Saved entries:
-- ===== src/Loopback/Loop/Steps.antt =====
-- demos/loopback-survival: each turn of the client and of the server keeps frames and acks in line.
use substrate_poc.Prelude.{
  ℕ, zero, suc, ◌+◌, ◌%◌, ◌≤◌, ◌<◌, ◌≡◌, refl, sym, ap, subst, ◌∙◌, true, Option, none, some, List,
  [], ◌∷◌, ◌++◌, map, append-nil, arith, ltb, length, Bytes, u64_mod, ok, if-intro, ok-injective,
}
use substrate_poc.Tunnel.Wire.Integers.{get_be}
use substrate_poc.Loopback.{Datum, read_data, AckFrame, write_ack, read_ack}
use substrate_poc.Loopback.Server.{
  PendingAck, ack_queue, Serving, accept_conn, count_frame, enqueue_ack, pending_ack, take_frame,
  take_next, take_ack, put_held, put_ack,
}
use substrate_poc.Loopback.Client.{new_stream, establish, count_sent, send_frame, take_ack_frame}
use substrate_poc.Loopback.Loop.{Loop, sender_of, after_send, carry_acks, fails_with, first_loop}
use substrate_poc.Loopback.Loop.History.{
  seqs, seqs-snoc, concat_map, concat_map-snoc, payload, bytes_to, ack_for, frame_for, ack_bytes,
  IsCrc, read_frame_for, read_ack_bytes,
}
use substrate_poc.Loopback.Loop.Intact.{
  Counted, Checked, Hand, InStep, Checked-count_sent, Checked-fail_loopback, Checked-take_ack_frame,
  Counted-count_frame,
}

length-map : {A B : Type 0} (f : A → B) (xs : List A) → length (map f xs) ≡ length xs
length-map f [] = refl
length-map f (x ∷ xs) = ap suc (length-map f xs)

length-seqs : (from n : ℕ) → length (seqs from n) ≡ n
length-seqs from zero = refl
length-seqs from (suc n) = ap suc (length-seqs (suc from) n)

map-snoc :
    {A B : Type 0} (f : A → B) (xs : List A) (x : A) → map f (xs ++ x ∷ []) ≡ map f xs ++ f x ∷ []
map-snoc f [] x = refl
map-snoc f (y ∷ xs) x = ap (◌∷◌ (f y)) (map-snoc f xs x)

**Directions for this task**
Each entry above needs to be retyped exactly.

**Result for this task**
-- ===== src/Loopback/Loop/Steps.antt =====
-- demos/loopback-survival: each turn of the client and of the server keeps frames and acks in line.
use substrate_poc.Prelude.{
  ℕ, zero, suc, ◌+◌, ◌%◌, ◌≤◌, ◌<◌, ◌≡◌, refl, sym, ap, subst, ◌∙◌, true, Option, none, some, List,
  [], ◌∷◌, ◌++◌, map, append-nil, arith, ltb, length, Bytes, u64_mod, ok, if-intro, ok-injective,
}
use substrate_poc.Tunnel.Wire.Integers.{get_be}
use substrate_poc.Loopback.{Datum, read_data, AckFrame, write_ack, read_ack}
use substrate_poc.Loopback.Server.{
  PendingAck, ack_queue, Serving, accept_conn, count_frame, enqueue_ack, pending_ack, take_frame,
  take_next, take_ack, put_held, put_ack,
}
use substrate_poc.Loopback.Client.{new_stream, establish, count_sent, send_frame, take_ack_frame}
use substrate_poc.Loopback.Loop.{Loop, sender_of, after_send, carry_acks, fails_with, first_loop}
use substrate_poc.Loopback.Loop.History.{
  seqs, seqs-snoc, concat_map, concat_map-snoc, payload, bytes_to, ack_for, frame_for, ack_bytes,
  IsCrc, read_frame_for, read_ack_bytes,
}
use substrate_poc.Loopback.Loop.Intact.{
  Counted, Checked, Hand, InStep, Checked-count_sent, Checked-fail_loopback, Checked-take_ack_frame,
  Counted-count_frame,
}

length-map : {A B : Type 0} (f : A → B) (xs : List A) → length (map f xs) ≡ length xs
length-map f [] = refl
length-map f (x ∷ xs) = ap suc (length-map f xs)

length-seqs : (from n : ℕ) → length (seqs from n) ≡ n
length-seqs from zero = refl
length-seqs from (suc n) = ap suc (length-seqs (suc from) n)

map-snoc :
    {A B : Type 0} (f : A → B) (xs : List A) (x : A) → map f (xs ++ x ∷ []) ≡ map f xs ++ f x ∷ []
map-snoc f [] x = refl
map-snoc f (y ∷ xs) x = ap (◌∷◌ (f y)) (map-snoc f xs x)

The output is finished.